● **PROMPT**
Go through the listing below and output exactly the line with "repository 33b0c38b499ad396", the line with "then from_config c ic.env", and each line between; omit the rest.

● **RECORDS SUPPLIED**
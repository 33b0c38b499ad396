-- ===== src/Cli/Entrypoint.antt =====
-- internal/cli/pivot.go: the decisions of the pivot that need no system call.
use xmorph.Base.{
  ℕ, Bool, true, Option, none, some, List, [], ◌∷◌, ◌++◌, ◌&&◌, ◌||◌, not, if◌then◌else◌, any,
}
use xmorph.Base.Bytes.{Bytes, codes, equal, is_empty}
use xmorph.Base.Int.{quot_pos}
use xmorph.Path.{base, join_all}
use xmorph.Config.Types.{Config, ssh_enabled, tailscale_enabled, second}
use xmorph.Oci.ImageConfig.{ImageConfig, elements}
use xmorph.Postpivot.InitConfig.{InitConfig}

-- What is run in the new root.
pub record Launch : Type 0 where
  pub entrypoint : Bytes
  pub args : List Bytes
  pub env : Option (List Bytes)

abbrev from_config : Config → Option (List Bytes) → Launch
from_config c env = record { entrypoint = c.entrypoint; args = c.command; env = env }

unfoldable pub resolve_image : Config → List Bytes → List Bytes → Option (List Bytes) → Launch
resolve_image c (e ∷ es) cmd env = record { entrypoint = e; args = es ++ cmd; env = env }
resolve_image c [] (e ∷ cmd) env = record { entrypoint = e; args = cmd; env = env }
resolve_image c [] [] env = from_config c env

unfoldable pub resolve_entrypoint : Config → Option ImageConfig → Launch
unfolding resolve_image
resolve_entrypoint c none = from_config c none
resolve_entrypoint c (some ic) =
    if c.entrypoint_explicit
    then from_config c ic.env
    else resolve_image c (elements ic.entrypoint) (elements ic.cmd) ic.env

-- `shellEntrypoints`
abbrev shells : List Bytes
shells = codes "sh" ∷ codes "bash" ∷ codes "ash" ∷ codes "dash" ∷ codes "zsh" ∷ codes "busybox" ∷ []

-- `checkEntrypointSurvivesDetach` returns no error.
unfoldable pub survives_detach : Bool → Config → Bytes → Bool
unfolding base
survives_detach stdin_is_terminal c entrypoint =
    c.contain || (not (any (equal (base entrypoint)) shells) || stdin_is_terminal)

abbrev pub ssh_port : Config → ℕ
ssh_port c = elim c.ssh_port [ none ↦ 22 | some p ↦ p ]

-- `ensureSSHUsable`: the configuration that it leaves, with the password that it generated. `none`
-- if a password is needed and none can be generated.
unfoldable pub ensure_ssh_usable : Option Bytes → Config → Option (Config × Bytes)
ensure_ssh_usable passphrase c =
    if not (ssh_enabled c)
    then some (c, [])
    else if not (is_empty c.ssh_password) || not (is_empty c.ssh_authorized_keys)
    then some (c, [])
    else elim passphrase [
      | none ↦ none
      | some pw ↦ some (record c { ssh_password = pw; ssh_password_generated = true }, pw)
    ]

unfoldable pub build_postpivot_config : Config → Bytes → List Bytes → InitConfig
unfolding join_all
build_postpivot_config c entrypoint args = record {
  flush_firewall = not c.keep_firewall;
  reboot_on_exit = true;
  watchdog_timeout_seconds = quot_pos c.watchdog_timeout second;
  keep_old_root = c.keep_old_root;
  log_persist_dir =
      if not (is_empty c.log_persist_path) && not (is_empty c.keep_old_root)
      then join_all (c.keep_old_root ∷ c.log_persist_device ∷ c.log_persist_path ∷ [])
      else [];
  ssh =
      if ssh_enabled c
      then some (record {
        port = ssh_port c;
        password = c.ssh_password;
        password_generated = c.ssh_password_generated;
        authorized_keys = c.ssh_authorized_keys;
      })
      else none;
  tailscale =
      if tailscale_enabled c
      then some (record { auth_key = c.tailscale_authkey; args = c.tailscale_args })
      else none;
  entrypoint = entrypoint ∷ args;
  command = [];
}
---
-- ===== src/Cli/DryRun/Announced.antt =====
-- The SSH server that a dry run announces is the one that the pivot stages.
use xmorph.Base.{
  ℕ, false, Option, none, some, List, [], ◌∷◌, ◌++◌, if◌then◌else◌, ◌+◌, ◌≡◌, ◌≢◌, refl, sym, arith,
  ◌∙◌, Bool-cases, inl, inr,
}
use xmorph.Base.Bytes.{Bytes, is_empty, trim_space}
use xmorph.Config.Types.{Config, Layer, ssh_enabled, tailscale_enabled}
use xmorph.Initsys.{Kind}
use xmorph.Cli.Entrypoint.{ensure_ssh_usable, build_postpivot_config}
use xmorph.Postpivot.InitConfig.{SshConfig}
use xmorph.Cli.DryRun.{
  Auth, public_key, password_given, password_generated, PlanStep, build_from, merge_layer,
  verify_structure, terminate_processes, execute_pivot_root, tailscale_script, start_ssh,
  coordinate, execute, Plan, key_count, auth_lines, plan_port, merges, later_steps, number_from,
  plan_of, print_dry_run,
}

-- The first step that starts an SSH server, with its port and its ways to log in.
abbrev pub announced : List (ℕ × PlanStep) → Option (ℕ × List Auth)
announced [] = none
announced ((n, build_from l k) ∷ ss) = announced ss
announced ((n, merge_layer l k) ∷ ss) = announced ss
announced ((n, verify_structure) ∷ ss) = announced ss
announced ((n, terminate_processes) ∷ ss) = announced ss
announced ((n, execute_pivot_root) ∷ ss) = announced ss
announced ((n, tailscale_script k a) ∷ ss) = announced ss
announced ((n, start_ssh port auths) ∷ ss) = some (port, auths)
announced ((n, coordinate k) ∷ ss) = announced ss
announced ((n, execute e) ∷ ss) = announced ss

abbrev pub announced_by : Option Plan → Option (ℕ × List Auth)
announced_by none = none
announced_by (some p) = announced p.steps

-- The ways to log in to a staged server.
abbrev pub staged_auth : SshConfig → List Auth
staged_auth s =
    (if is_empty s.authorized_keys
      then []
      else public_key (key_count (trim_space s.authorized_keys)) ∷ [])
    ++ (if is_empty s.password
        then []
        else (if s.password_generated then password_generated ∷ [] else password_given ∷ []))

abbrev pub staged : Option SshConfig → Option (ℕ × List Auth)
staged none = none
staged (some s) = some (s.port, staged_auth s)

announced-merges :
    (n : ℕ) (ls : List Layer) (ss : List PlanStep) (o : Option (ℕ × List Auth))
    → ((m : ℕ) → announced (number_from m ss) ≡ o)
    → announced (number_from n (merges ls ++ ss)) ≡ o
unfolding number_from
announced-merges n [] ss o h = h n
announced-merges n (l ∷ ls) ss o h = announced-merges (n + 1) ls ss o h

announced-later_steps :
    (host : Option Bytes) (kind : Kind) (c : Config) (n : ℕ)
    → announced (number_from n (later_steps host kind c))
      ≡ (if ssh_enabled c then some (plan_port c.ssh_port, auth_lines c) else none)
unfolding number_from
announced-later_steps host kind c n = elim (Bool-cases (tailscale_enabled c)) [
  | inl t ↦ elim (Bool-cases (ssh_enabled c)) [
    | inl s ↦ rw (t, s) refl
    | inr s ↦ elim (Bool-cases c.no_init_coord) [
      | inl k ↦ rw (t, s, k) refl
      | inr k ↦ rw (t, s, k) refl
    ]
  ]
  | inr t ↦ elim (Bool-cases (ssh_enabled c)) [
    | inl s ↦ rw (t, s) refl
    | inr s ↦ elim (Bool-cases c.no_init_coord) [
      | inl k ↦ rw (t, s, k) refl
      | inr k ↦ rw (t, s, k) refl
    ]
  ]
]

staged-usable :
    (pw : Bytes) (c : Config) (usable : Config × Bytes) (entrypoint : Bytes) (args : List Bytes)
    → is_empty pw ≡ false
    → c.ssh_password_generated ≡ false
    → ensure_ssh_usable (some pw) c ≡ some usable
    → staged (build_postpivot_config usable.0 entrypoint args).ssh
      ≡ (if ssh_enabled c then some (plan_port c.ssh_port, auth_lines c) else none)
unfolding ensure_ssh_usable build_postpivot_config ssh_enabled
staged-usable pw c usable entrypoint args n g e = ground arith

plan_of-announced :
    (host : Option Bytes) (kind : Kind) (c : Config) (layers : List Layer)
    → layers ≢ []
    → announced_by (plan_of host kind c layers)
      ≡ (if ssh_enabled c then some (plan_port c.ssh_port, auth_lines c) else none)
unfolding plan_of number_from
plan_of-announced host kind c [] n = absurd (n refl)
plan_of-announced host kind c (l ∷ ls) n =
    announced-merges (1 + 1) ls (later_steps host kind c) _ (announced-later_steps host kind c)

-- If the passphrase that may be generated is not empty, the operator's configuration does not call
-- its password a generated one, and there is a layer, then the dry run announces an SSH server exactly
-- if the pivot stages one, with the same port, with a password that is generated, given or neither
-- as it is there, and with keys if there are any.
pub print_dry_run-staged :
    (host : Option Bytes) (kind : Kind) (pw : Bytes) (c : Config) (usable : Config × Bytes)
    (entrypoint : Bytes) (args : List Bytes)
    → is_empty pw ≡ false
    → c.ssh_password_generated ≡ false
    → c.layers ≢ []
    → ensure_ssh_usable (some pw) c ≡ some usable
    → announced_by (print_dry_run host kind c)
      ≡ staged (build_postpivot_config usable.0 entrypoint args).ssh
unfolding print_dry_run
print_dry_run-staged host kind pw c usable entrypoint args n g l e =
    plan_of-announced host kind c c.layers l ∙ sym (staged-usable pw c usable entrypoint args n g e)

● **ANSWER AREA**
repository 33b0c38b499ad396
-- ===== src/Cli/Entrypoint.antt =====
-- internal/cli/pivot.go: the decisions of the pivot that need no system call.
use xmorph.Base.{
  ℕ, Bool, true, Option, none, some, List, [], ◌∷◌, ◌++◌, ◌&&◌, ◌||◌, not, if◌then◌else◌, any,
}
use xmorph.Base.Bytes.{Bytes, codes, equal, is_empty}
use xmorph.Base.Int.{quot_pos}
use xmorph.Path.{base, join_all}
use xmorph.Config.Types.{Config, ssh_enabled, tailscale_enabled, second}
use xmorph.Oci.ImageConfig.{ImageConfig, elements}
use xmorph.Postpivot.InitConfig.{InitConfig}

-- What is run in the new root.
pub record Launch : Type 0 where
  pub entrypoint : Bytes
  pub args : List Bytes
  pub env : Option (List Bytes)

abbrev from_config : Config → Option (List Bytes) → Launch
from_config c env = record { entrypoint = c.entrypoint; args = c.command; env = env }

unfoldable pub resolve_image : Config → List Bytes → List Bytes → Option (List Bytes) → Launch
resolve_image c (e ∷ es) cmd env = record { entrypoint = e; args = es ++ cmd; env = env }
resolve_image c [] (e ∷ cmd) env = record { entrypoint = e; args = cmd; env = env }
resolve_image c [] [] env = from_config c env

unfoldable pub resolve_entrypoint : Config → Option ImageConfig → Launch
unfolding resolve_image
resolve_entrypoint c none = from_config c none
resolve_entrypoint c (some ic) =
    if c.entrypoint_explicit
    then from_config c ic.env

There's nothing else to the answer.